S&P 500 Still Looks Putrid

| About: SPDR S&P (SPY)

This chart continues to be in really bad shape. What is interesting is if you draw a line between the 4 highs of late 2007

  1. Early October
  2. Late October
  3. Early December
  4. Late December

And continued that line into February 2008 you would of expected more of a pop on this rebound... i.e. a pop to S&P 1450 or so, before being turned back. We didn't even get to S&P 1400. So we're stuck in no man's land of a primary bear market in my book. We could bounce 100 S&P points (to S&P 1435) and still be in a bear market.It still appears to be we are going to be retesting those January lows of S&P 1275 or so. What happens there will determine our mid term fate. A bounce, and we might create some nice conditions for a rebound. A break of that level and we continue down...1230 area which was summer 2006 lows looks like the next level.So while we get caught up here in the day to day, trying to figure out why absolute junk sectors are rebounding etc... it's really all white noise day to day. I say that because I see the exact same thing in many charts. They go up 4%, they go down 3%, they go up 2%, they go down 5%... up, down, down, down, up, up, down, down. And making no real progress. We have a few exceptions but 90% of the charts I am looking at are "white noise" charts - useless, directionless, cannot hold onto a move for more than 3 days a time, and then immediately reverses. 

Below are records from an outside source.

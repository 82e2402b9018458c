-- ===== src/Prelude/Maps.antt =====
-- Go's maps as association lists.
use mathlib.Core.Path.{◌≡◌, refl, sym, ap}
use mathlib.Core.Logic.{◌⊎◌, inl, inr}
use mathlib.Core.Option.{Option, none, some}
use mathlib.Core.Bool.{false}
use mathlib.Core.List.{List, [], ◌∷◌, map}
use sloff.Prelude.Tests.{if◌then◌else◌}
use sloff.Prelude.Keys.{Eq, ◌==◌, ==-cases, ==_refl, ==_ne}
use sloff.Prelude.Lists.{In, NoDup}

abbrev pub Map : Type 0 → Type 0 → Type 0
Map K V = List (K × V)

module _ {K V : Type 0} ⦃e : Eq K⦄ where
  -- `v, ok := m[k]`
  unfoldable pub lookup : K → Map K V → Option V
  lookup k [] = none
  lookup k ((j, v) ∷ m) = if k == j then some v else lookup k m

  -- `m[k] = v`
  unfoldable pub insert : K → V → Map K V → Map K V
  insert k v [] = (k, v) ∷ []
  insert k v ((j, w) ∷ m) = if k == j then (k, v) ∷ m else (j, w) ∷ insert k v m

  pub lookup-insert_self : (k : K) (v : V) (m : Map K V) → lookup k (insert k v m) ≡ some v
  unfolding lookup insert
  lookup-insert_self k v [] = rw (==_refl k)
  lookup-insert_self k v ((j, w) ∷ m) = elim (==-cases k j) [
    | inl (same, t) ↦ rw t (rw (==_refl k))
    | inr (other, f) ↦ rw f (rw f (lookup-insert_self k v m))
  ]

  pub lookup-insert_ne :
      (k j : K) (v : V) (m : Map K V) → (j == k) ≡ false → lookup j (insert k v m) ≡ lookup j m
  unfolding lookup insert
  lookup-insert_ne k j v [] h = rw h
  lookup-insert_ne k j v ((i, w) ∷ m) h = elim (==-cases k i) [
    | inl (same, t) ↦ let g : (j == i) ≡ false = rw same at h in rw t (rw h (rw g))
    | inr (other, f) ↦ rw f (elim (==-cases j i) [
      | inl (here, t) ↦ rw t
      | inr (there, g) ↦ rw g (lookup-insert_ne k j v m h)
    ])
  ]

  pub lookup-insert :
      (k j : K) (v : V) (m : Map K V)
      → lookup j (insert k v m) ≡ (if j == k then some v else lookup j m)
  lookup-insert k j v m = elim (==-cases j k) [
    | inl (same, t) ↦ rw t (rw same (lookup-insert_self k v m))
    | inr (other, f) ↦ rw f (lookup-insert_ne k j v m f)
  ]

  pub lookup-In : (k : K) (v : V) (m : Map K V) → lookup k m ≡ some v → In (k, v) m
  unfolding lookup
  lookup-In k v [] h = cc
  lookup-In k v ((j, w) ∷ m) h = elim (==-cases k j) [
    | inl (same, t) ↦ let found : some w ≡ some v = rw t at h in inl (cc)
    | inr (other, f) ↦ inr (lookup-In k v m (rw f at h))
  ]

  -- `delete(m, k)`, on a map that may hold the key several times.
  unfoldable pub without : K → Map K V → Map K V
  without k [] = []
  without k ((j, v) ∷ m) = let rest = without k m in if k == j then rest else (j, v) ∷ rest

  abbrev pub keys_of : Map K V → List K
  keys_of m = map (λ e. e.0) m

  pub lookup-without_self : (k : K) (m : Map K V) → lookup k (without k m) ≡ none
  unfolding lookup without
  lookup-without_self k [] = refl
  lookup-without_self k ((j, w) ∷ m) = elim (==-cases k j) [
    | inl (same, t) ↦ rw t (lookup-without_self k m)
    | inr (other, f) ↦ rw f (rw f (lookup-without_self k m))
  ]

  pub lookup-without_ne :
      (k j : K) (m : Map K V) → (j == k) ≡ false → lookup j (without k m) ≡ lookup j m
  unfolding lookup without
  lookup-without_ne k j [] h = refl
  lookup-without_ne k j ((i, w) ∷ m) h = elim (==-cases k i) [
    | inl (same, t) ↦
        let g : (j == i) ≡ false = rw same at h in rw t (rw g (lookup-without_ne k j m h))
    | inr (other, f) ↦ rw f (elim (==-cases j i) [
      | inl (here, t) ↦ rw t
      | inr (there, g) ↦ rw g (lookup-without_ne k j m h)
    ])
  ]

  pub In-keys_of : (k : K) (v : V) (m : Map K V) → lookup k m ≡ some v → In k (keys_of m)
  unfolding lookup
  In-keys_of k v [] h = cc
  In-keys_of k v ((j, w) ∷ m) h = elim (==-cases k j) [
    | inl (same, t) ↦ inl same
    | inr (other, f) ↦ inr (In-keys_of k v m (rw f at h))
  ]

  keys_of-insert :
      (k j : K) (v : V) (m : Map K V) → In j (keys_of (insert k v m)) → (j ≡ k) ⊎ In j (keys_of m)
  unfolding insert
  keys_of-insert k j v [] (inl e) = inl e
  keys_of-insert k j v [] (inr n) = absurd n
  keys_of-insert k j v ((i, w) ∷ m) h = elim (==-cases k i) [
    | inl (same, t) ↦ elim (rw t at h) [ inl e ↦ inl e | inr later ↦ inr (inr later) ]
    | inr (other, f) ↦ elim (rw f at h) [
      | inl e ↦ inr (inl e)
      | inr later ↦ elim (keys_of-insert k j v m later) [ inl e ↦ inl e | inr i ↦ inr (inr i) ]
    ]
  ]

  pub NoDup-insert :
      (k : K) (v : V) (m : Map K V) → NoDup (keys_of m) → NoDup (keys_of (insert k v m))
  unfolding insert
  NoDup-insert k v [] d = (λ n. n, tt)
  NoDup-insert k v ((i, w) ∷ m) d = elim (==-cases k i) [
    | inl (same, t) ↦ rw t (rw same d)
    | inr (other, f) ↦ rw f (
      λ h. elim (keys_of-insert k i v m h) [ inl e ↦ other (sym e) | inr later ↦ d.0 later ],
      NoDup-insert k v m d.1,
    )
  ]

  keys_of-without : (k j : K) (m : Map K V) → In j (keys_of (without k m)) → In j (keys_of m)
  unfolding without
  keys_of-without k j [] h = h
  keys_of-without k j ((i, w) ∷ m) h = elim (==-cases k i) [
    | inl (same, t) ↦ inr (keys_of-without k j m (rw t at h))
    | inr (other, f) ↦ elim (rw f at h) [
      | inl e ↦ inl e
      | inr later ↦ inr (keys_of-without k j m later)
    ]
  ]

  pub NoDup-without : (k : K) (m : Map K V) → NoDup (keys_of m) → NoDup (keys_of (without k m))
  unfolding without
  NoDup-without k [] d = tt
  NoDup-without k ((i, w) ∷ m) d = elim (==-cases k i) [
    | inl (same, t) ↦ rw t (NoDup-without k m d.1)
    | inr (other, f) ↦ rw f ((λ h. d.0 (keys_of-without k i m h)), NoDup-without k m d.1)
  ]

  pub lookup_of_In :
      (k : K) (v : V) (m : Map K V) → NoDup (keys_of m) → In (k, v) m → lookup k m ≡ some v
  unfolding lookup
  lookup_of_In k v [] d h = absurd h
  lookup_of_In k v ((j, w) ∷ m) d (inl e) =
      let same : k ≡ j = ap (λ x. x.0) e in
      let value : v ≡ w = ap (λ x. x.1) e in rw (same, ==_refl j) (ap some (sym value))
  lookup_of_In k v ((j, w) ∷ m) d (inr h) =
      let found = lookup_of_In k v m d.1 h in
      rw (==_ne {a = k} {b = j} (λ e. d.0 (rw (← e) (In-keys_of k v m found)))) found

As Doug Kass on Realmoney.com says "this is a market with no memory of the previous day". So for people like me who like to trend trade - that is hold onto positions and ride trends/relative strength for months/quarters, it is quite a terrible market. For "buy and hold" types, its quite a terrible market - those folks have lost quarters worth (year+?) of gains lately. It only is working for daytraders at this point. So I think many people are frustrated out there.

The absolute lack of conviction is leading to these hourly changes in direction which are making many people sea sick. However, it is not even (that) easy for shorts because the things that were the easy shorts of 2007 are now the stocks holding up the best. Irony at it's best. The market likes to confound the most people it can. Certainly this type of situation can make the case that it is easier to just go to 100% cash and wait it out until things become more certain.